Sebuah perjalanan membawa saya ke Dukuh Tegalsari, Desa Kemudo, Kecamatan Prambanan, Kabupaten Klaten, Jawa Tengah. Tujuan saya yakni mencari makam keluarga Belanda, Europeesche Familiegraafplaats Andre-Mac Gillavry. Makam tersebut berada satu kompleks dengan makam Islam Jawa di Pemakaman Umum Kemudo, di sebelah barat Balai Desa Kemudo.

Setelah sekitar 30 menit berkeliling Desa Kemudo, nampak dari kejauhan seorang petani yang sedang berladang. Saya memutuskan mendekat dan menanyakan keberadaan makam. “Pak, mohon maaf mengganggu. Anda paham makam Belanda di Dukuh Tegalsari Kemudo?” begitu sekiranya pertanyaan saya. Dengan ramah, beliau menjawab dan menunjukan arah makam yang saya maksud.

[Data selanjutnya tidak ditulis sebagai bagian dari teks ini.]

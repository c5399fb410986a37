-- ===== src/Gateway/Client.antt =====
-- A connection of the gateway (internal/msggateway/client.go), as far as the server's state
-- depends on it. A connection is told apart by its remote address, as the user map does.
use open_im_server.Base.{ℕ, Bool, Bytes}

pub record Client : Type 0 where
  pub user_id : Bytes
  pub platform_id : ℕ
  pub remote_addr : Bytes
  pub token : Bytes
  pub is_background : Bool
  pub is_compress : Bool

Meski sudah mengikuti petunjuknya, saya tetap saja kebablasan saat memasuki gang di perkampungan. Tapi inilah seni petualang, saya malah bisa bertegur sapa dengan warga yang tinggal di sana.

Entah tidak sengaja atau kebetulan, tanpa disadari, makam keluarga Andre-Mac Gillavry sudah saya lalui sebelumnya. Makam tersebut berada di belakang masjid tempat saya istirahat dan salat.

“Oh ternyata, belakang masjid yang dimaksud si bapak tadi Masjid Al Huda toh. Terus saya harus melompat tembok? Atau ada jalan masuk utama? Ah, bukan. Harus lewat timur,” begitu kira-kira saya gumam ketika pertama kali menemukan lokasi makam. Lalu, tibalah saya di depan pintu gerbang makam keluarga Andre-Mac Gillavry yang berada di sebelah timur Masjid Al Huda.

Jika ingin berziarah ke sini, pengunjung bisa melalui jalan desa samping Kantor Balai Desa Kemudo, ke arah barat. Dari sana, pengunjung bisa langsung menuju makam. Jika mengikuti posisi saya dari Masjid Al Huda, maka harus jalan memutar lebih dahulu untuk tiba di makam. 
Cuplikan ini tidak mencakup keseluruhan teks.